* [Exercise prompt]
Return, from the listing that follows, each line containing the word "arith".

* [Material for the task]
###

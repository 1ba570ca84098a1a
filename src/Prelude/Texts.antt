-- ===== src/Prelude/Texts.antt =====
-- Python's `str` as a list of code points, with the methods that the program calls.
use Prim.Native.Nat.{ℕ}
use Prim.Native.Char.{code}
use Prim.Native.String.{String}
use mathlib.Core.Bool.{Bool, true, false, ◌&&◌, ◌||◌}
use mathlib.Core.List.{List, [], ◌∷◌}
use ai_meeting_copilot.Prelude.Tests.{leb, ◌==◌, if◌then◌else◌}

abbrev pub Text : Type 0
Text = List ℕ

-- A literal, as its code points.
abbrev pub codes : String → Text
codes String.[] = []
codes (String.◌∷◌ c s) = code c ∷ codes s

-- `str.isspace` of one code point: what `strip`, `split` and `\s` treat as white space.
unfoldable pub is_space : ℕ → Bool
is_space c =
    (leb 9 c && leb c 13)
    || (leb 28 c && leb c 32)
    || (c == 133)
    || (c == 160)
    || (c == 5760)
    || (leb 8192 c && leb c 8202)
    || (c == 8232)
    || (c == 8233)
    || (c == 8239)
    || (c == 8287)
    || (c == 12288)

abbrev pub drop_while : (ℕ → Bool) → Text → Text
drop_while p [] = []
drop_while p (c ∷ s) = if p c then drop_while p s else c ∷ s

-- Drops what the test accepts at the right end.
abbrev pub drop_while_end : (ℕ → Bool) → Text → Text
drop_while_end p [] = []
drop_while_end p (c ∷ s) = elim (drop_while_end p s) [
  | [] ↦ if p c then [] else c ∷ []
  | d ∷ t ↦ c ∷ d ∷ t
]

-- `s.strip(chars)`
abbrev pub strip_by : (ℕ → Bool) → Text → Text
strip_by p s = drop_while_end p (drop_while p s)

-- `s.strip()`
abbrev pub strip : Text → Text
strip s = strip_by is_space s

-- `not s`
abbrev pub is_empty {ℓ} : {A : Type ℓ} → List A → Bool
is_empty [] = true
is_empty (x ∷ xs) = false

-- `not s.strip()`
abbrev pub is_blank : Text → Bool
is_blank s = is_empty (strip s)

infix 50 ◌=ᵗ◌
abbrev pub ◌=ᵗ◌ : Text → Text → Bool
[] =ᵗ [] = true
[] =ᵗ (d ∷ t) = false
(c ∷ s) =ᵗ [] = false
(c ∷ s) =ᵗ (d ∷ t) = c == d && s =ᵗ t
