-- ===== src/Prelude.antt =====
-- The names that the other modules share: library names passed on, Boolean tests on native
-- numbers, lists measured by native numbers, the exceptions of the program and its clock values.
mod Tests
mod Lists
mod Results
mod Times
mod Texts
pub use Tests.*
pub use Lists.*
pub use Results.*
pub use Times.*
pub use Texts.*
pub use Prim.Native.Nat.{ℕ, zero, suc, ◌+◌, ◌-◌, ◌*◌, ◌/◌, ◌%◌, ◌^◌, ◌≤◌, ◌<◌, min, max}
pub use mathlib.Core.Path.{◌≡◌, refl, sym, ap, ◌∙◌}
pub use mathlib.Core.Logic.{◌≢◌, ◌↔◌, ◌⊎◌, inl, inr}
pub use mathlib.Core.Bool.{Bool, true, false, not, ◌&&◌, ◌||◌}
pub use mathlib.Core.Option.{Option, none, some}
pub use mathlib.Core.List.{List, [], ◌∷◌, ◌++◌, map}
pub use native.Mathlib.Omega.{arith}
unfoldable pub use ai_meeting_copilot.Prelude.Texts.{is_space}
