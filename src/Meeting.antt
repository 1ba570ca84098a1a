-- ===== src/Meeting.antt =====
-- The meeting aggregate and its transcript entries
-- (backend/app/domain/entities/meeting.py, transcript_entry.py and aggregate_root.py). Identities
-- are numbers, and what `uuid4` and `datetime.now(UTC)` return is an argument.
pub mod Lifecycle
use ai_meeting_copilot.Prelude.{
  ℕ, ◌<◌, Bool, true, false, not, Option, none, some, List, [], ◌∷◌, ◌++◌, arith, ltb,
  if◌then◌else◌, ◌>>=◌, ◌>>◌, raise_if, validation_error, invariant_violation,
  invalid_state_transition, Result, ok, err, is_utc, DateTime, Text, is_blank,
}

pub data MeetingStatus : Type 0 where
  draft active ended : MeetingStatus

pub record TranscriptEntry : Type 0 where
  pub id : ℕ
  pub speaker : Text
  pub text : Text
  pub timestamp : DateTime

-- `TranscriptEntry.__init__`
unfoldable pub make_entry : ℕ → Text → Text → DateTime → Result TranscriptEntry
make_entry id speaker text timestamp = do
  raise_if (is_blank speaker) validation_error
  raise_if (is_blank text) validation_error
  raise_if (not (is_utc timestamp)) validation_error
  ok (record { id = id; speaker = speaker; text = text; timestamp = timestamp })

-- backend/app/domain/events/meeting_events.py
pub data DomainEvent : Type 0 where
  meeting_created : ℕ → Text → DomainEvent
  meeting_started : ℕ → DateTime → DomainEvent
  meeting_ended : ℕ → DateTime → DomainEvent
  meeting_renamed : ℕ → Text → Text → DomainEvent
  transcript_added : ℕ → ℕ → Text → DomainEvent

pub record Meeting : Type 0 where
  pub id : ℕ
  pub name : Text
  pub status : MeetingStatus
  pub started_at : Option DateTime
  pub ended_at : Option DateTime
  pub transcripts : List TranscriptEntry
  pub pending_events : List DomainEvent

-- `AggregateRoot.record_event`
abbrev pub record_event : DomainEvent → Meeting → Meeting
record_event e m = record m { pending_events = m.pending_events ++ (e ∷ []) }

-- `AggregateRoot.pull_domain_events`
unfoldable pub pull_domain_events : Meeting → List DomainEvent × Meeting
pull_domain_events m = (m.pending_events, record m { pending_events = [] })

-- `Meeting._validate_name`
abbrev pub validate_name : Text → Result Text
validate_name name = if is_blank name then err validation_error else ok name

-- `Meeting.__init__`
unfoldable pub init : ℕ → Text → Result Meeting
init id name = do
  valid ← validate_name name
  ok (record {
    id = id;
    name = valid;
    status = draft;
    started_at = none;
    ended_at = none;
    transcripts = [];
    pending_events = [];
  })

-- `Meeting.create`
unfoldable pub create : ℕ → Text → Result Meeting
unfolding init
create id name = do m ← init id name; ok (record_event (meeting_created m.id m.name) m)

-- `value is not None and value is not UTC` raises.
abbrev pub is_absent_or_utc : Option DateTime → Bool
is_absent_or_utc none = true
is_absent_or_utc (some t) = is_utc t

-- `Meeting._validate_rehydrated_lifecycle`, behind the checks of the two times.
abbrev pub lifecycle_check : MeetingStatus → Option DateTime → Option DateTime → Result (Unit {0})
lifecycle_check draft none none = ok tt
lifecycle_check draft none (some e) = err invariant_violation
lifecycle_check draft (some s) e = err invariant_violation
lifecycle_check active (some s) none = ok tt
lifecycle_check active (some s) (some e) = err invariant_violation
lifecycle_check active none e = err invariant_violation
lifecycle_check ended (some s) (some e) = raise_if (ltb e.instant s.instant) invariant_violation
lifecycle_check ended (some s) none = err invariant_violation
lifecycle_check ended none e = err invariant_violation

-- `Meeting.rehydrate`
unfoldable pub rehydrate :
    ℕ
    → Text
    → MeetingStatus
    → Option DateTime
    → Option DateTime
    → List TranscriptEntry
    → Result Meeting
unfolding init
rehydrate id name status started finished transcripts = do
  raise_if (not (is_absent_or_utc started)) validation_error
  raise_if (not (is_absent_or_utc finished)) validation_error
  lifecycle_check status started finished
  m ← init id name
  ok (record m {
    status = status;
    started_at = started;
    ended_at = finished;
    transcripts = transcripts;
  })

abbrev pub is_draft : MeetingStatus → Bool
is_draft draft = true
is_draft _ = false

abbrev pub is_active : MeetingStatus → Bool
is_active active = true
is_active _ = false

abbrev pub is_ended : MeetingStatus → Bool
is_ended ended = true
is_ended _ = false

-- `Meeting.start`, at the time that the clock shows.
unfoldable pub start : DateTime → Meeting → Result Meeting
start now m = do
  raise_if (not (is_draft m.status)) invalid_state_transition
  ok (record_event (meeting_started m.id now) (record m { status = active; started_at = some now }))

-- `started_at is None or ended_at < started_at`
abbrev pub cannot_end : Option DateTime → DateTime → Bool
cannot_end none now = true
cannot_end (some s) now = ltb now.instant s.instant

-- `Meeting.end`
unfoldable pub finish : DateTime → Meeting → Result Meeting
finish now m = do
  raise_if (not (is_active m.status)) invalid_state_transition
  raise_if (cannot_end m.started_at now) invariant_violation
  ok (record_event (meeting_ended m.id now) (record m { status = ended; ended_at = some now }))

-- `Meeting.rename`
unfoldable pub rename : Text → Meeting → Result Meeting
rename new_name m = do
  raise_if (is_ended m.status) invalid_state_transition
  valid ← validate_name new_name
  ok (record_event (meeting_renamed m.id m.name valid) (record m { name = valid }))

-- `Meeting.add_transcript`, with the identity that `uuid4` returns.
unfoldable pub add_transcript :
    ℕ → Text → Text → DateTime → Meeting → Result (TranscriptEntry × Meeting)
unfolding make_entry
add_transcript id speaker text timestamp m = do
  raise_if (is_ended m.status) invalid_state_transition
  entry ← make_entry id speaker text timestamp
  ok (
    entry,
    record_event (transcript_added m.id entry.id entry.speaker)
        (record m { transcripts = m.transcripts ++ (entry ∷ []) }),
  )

###

* [Written response]
pub use native.Mathlib.Omega.{arith}
  ℕ, ◌<◌, Bool, true, false, not, Option, none, some, List, [], ◌∷◌, ◌++◌, arith, ltb,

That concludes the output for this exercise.